IR PDs usually require cryogenic cooling to suppress dark current in order to reach high performance for practical photodetection. In addition, the device performance such as dark current, cutoff wavelength, responsivity, and detectivity are strongly dependent on the operation temperature as well as alloy composition. Thus, from the viewpoint of device and system developers, a rule of thumb is extremely useful to describe the performance of IR PDs in terms of operation temperature and alloy composition to achieve desired performance for meeting the requirement of various applications.
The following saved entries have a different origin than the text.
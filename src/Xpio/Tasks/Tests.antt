-- ===== src/Xpio/Tasks/Tests.antt =====
-- The refinement of the task queues at a concrete run: two tasks wait for a descriptor, the one to read
-- and the other to write; `poll` says that it can be written to.
use flake.Common.{ℕ, ◌≡◌, refl, true, false, none, some, List, [], ◌∷◌, arith, pos}
use flake.Lua.{Result, ok}
use flake.Lua.Table.{Key}
use flake.Lua.Assoc.{assoc}
use flake.Xpio.GrowArray.{grow_array}
use flake.Xpio.Proc.{Procs}
use flake.Xpio.Queue.{Mode, reader, writer, child_waiter, put_entry, put_task}
use flake.Xpio.Queue.Registry.{registered}
use flake.Xpio.Queue.Sample.{calm, reading, both, calm-IsValid, enqueue-reading, enqueue-both}
use flake.Xpio.Queue.PollSet.{Revents, no_events, poll_set, collect, add_slot, ensure_fds, modify}
use flake.Xpio.Queue.Wake.{wake_sockets, wake_if, wake_one, clear_dequeue, wake_children}
use flake.Xpio.Queue.Wait.{
  World, polled, interrupted, seconds, whole, timeout_of, Waited, wait, poll_and_wake, poll_loop,
  set_revents, add_sig_pipe, is_signalled, shorten,
}
use flake.Xpio.Methods.{when_read, when_write}
use flake.Xpio.Tasks.{
  Abstract, Event, scheduled_on, returned, Implements, Environment, Run, SpecRun, when_read_step,
  when_write_step, wait_step,
}
use flake.Xpio.Tasks.Refines.{Run-Implements}

abbrev nobody : Abstract
nobody = record { waits = λ q mode key. none; scheduled = λ t. false }

calm-registered : (q : ℕ) (mode : Mode) (key : Key) → registered assoc calm q mode key ≡ none
calm-registered q reader key = refl
calm-registered q writer key = refl
calm-registered q child_waiter key = refl

calm-Implements : Implements assoc calm nobody
calm-Implements = record {
  valid = calm-IsValid;
  waits = calm-registered;
  kinds = λ q mode key e. ground (arith, calm-registered q mode key);
  scheduled = λ t. refl;
}

abbrev no_procs : Procs
no_procs = record { head = 0; cells = λ a. none }

abbrev flags : ℕ → Revents
flags i = record no_events { out_ready = true }

abbrev world : World
world = record {
  poll = λ fds timeout. interrupted ∷ polled flags ∷ [];
  reads = [];
  waits = [];
  malloc = λ n. true;
  sig_pipe = pos 4;
}

both-Environment : Environment assoc 9 1 world no_procs both (λ fds t. flags)
unfolding put_task put_entry
both-Environment = record {
  children = λ k e. cc;
  memory = λ n. refl;
  objects = record {
    objs = [];
    chain = refl;
    distinct = λ a b c d ma mb ca cb e p. ground arith;
    pids = tt;
    enough = omega arith;
  };
  answers = λ fds timeout asks. (1, refl);
}

abbrev value : Waited assoc → Result (Waited assoc) → Waited assoc
value w (ok v) = v
value w _ = w

abbrev waited : Waited assoc
waited =
    value (record { state = calm; procs = no_procs; pfds = []; ready = none })
      (wait assoc 1 world 9 (seconds (whole 1000)) [] no_procs both)

wait-both : wait assoc 1 world 9 (seconds (whole 1000)) [] no_procs both ≡ ok waited
unfolding wait timeout_of poll_set collect add_slot ensure_fds modify grow_array wake_children
    add_sig_pipe shorten poll_and_wake poll_loop set_revents wake_sockets wake_if wake_one
    clear_dequeue put_entry put_task is_signalled
wait-both = refl

writer_ready : waited.ready ≡ some (2 ∷ [])
unfolding wait timeout_of poll_set collect add_slot ensure_fds modify grow_array wake_children
    add_sig_pipe shorten poll_and_wake poll_loop set_revents wake_sockets wake_if wake_one
    clear_dequeue put_entry put_task is_signalled
writer_ready = refl

one_second : timeout_of (seconds (whole 1000)) ≡ ok (pos 1000)
unfolding timeout_of
one_second = refl

-- The events, the last one first.
abbrev three_events : List Event
three_events =
    returned 9 (2 ∷ [])
    ∷ scheduled_on 9 2 writer (Key.fd (pos 5))
    ∷ scheduled_on 9 1 reader (Key.fd (pos 5))
    ∷ []

calm-Run : Run assoc three_events calm waited.state
unfolding when_read when_write put_task put_entry
calm-Run =
    Run.then_step _ _ calm both waited.state
      (Run.then_step _ _ calm reading both
        (Run.then_step _ _ calm calm reading (Run.ends calm)
          (when_read_step calm reading 9 (pos 5) 1 refl enqueue-reading))
        (when_write_step reading both 9 (pos 5) 2 refl enqueue-both))
      (wait_step both 9 1 world (seconds (whole 1000)) (pos 1000) [] no_procs (λ fds t. flags)
        waited (2 ∷ []) both-Environment one_second refl wait-both writer_ready)

Run-Implements_example :
    (b : Abstract) × SpecRun three_events nobody b × Implements assoc waited.state b
Run-Implements_example =
    Run-Implements assoc three_events calm waited.state nobody calm-Implements calm-Run
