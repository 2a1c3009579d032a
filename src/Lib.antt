-- ===== src/Lib.antt =====
-- tempogate is an authorization server: it signs people in through an upstream identity provider
-- and issues tokens to downstream clients. This library models the authorization endpoint, the
-- callback, the device authorization and its pages, the token and userinfo endpoints, the
-- permissions that they ask for, the admin API's integration keys, and the tables of the SQLite
-- store that they stand on.
--
-- Parts and files:
--   State/Refresh       state/sqlite/refresh.go, the refresh_tokens table
--   State/AuthCodes     state/sqlite/authcode.go, the auth_codes table
--   State/DeviceCodes   state/sqlite/device_codes.go, the device_codes table
--   State/AuthRequests    state/sqlite/authrequest.go, the auth_requests table
--   State/BrowserSessions state/sqlite/browser_sessions.go, the browser_sessions table
--   State/IntegrationKeys state/sqlite/integration_keys.go and jti_denylist.go, both their tables
--   State/Driver        what the database driver may answer to one call of a method
--   Oidc/Model          the types that the handlers and the store exchange (oidc/authcode.go,
--                       oidc/token.go, oidc/devicecode.go, oidc/authrequest.go,
--                       oidc/browsersession.go)
--   Perms               perms/perms.go, grants of roles in namespaces and their claim
--   Authz               authz/authz.go, the policy that resolves an address to a grant
--   Oidc/Client         oidc/client.go, the registry; Client/Redirects: redirect URIs,
--                       Client/Registry: ParseClientRegistry and WithSecrets
--   Oidc/Connector      oidc/connector.go, the upstream connectors
--   Oidc/Binding        oidc/upstreambinding.go, what binds a state to a browser
--   Oidc/Authorize      oidc/authorize.go and oidc/params.go, the authorization endpoint
--   Oidc/Callback       oidc/callback.go, the way back from the upstream provider
--   Oidc/Subject        oidc/authcode.go, the subject claim of a token
--   Oidc/UserCode       oidc/device_authorization.go, randomUserCode
--   Oidc/DeviceAuthorization  oidc/device_authorization.go, the start of a device sign-in
--   Oidc/Mac            oidc/mac.go, and the signed values of the session cookie and the bounce
--   Oidc/Session        oidc/session.go, the browser session of the device pages
--   Oidc/DeviceUi       oidc/device_ui.go, the device pages: UserCode, Bounce, Attempts are their
--                       parts, Pages and Decision the handlers
--   Oidc/UserInfo       oidc/userinfo.go, the userinfo endpoint
--   Ratelimit           ratelimit/ratelimit.go, the token buckets that throttle the device pages
--   Keys/Denylist       keys/denylist_cache.go; Keys/Verifier: keys/verifier.go, Verify
--   Admin               admin/keys.go, revoke; Admin/Guard: admin/guard.go, who may call it
--   Admin/Keys          admin/keys.go: get, list, delete; Admin/Keys/Create: create and mint, with
--                       Validate of admin/model.go
--   Oidc/Reply          the errors of the handlers, and their state passing
--   Oidc/Token          oidc/token.go: client authentication, PKCE, RedeemAuthorizationCode,
--                       revokeFamily; Oidc/Token/Issue: issue; Oidc/Token/BasicAuth: the header
--   Oidc/Grants         oidc/token.go and oidc/device_token.go: the three grants and dispatch
--   Common              tests, texts, rows of tables, keyed tables, and the names they share
-- The children of a file prove what their own headers say; files called Tests run the code on
-- concrete inputs.
--
-- A table is the list of its rows. A method of the store is a function from the rows to the rows
-- and its answer, with the WHERE clauses of its statements as Boolean tests on a row and each SET
-- as a function on a row; a primary key is tested where a row is inserted. SaveRefresh,
-- ConsumeRefresh and so on keep their names in snake_case. The methods of one connection run one
-- after the other, so the order of concurrent calls is a list of calls (RefreshCall, CodeCall,
-- DeviceCall). PollDeviceCode is its statements, poll_read, poll_swap and slow_down, one after
-- the other; what other calls write behind the first is a parameter of its model, and
-- State/DeviceCodes/Pace takes the statements of any number of polls in any order. A driver error
-- at each point where the code tests one is a Boolean of the Driver.
--
-- A handler of the token endpoint takes the tables of codes, refresh tokens and device codes to
-- these tables and a result: a value, an oauthError with its status, code and description,
-- errNoPermissions, or any other error. The signer, the permission resolver, the connectors, the
-- domain allowlist, the hashes and the lifetimes are fields of Server; the clock's readings, the
-- draws of random strings and the drivers of one request are fields of Request. A time is a
-- count of nanoseconds on ℕ.
--
-- The authorization endpoint and the callback take the tables of auth requests and codes in the
-- same way; a browser's way is authorize, then handle of the callback, then the grant. The
-- connector, url.Parse of net/url, the setting of query parameters, the reading of a cookie, HMAC
-- and strings.ToLower are arguments. A policy is a resolver of the token endpoint.
--
-- A handler of the device pages takes the tables, the browser sessions and the two limiters to the
-- same and an answer: a page with its status, or a redirect. A float64 of the limiter is a type
-- with operations. The order in which Go iterates the map of the denylist's cache is an argument,
-- as is what jwt.Parse accepts. What runs one after the other is a list of calls; a check whose
-- halves a revocation overtakes is written out in Keys/Denylist/Race.
--
-- The handlers of the admin API take the two tables of integration keys to the same and an
-- answer. The signer, uuid.Parse, the clock's readings and SQLite's order of texts, by which
-- ListIntegrationKeys sorts and compares ids, are arguments. The client that follows next_cursor
-- is written out in Admin/Keys/Walk; it finds a table of its own at each of its requests.
--
-- Fuel: make_room takes as many rounds as there are buckets, and each round drops one.
-- sample_code takes the number of reads of the random source, of which eight are enough when each
-- holds a usable byte; mint takes the three attempts of the source; the client of the listing
-- takes its requests, of which one more than there are rows are enough. Every other recursion is
-- on a list or a text.
--
-- Not modelled: HTTP, JSON and headers, logs, audit lines, metrics and spans, the wrapping of
-- error texts, cancellation, the texts of configuration errors, HTML. The PostgreSQL store makes
-- the same promises with other statements and is left out, and so are the reaper of expired rows,
-- the sessions and signing keys of the admin API, the retirement of signing keys, the limits per
-- endpoint, the loading of the configuration, the upstream providers' HTTP and the command line:
-- they are I/O, wiring, calls of libraries, or reads over the tables above. SHA-256 and its
-- base64url are parameters; that HMAC has no collisions is a hypothesis where a theorem needs it.
pub mod Common
pub mod Perms
pub mod Ratelimit
pub mod Keys
pub mod Admin
pub mod Authz
pub mod Oidc
pub mod State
Such simple relationships have been established to evaluate the performance of IR PDs including Mercury–Cadmium–Telluride (MCT) PDs (rule-07) [26] and extended-wavelength InGaAs PDs (IGA-rule-17) [27]. However, such a simple rule of thumb has not been developed for GeSn PDs so far. Here, for the first time, a heuristic rule is proposed and established for GeSn PDs with various Sn compositions and operation temperatures as GeSn-rule 23, where the prefix GeSn stands for GeSn PDs and the postfix 23 represents the year 2023, to evaluate the performance of GeSn PDs for the device and system developers to advance the GeSn IR PD technology.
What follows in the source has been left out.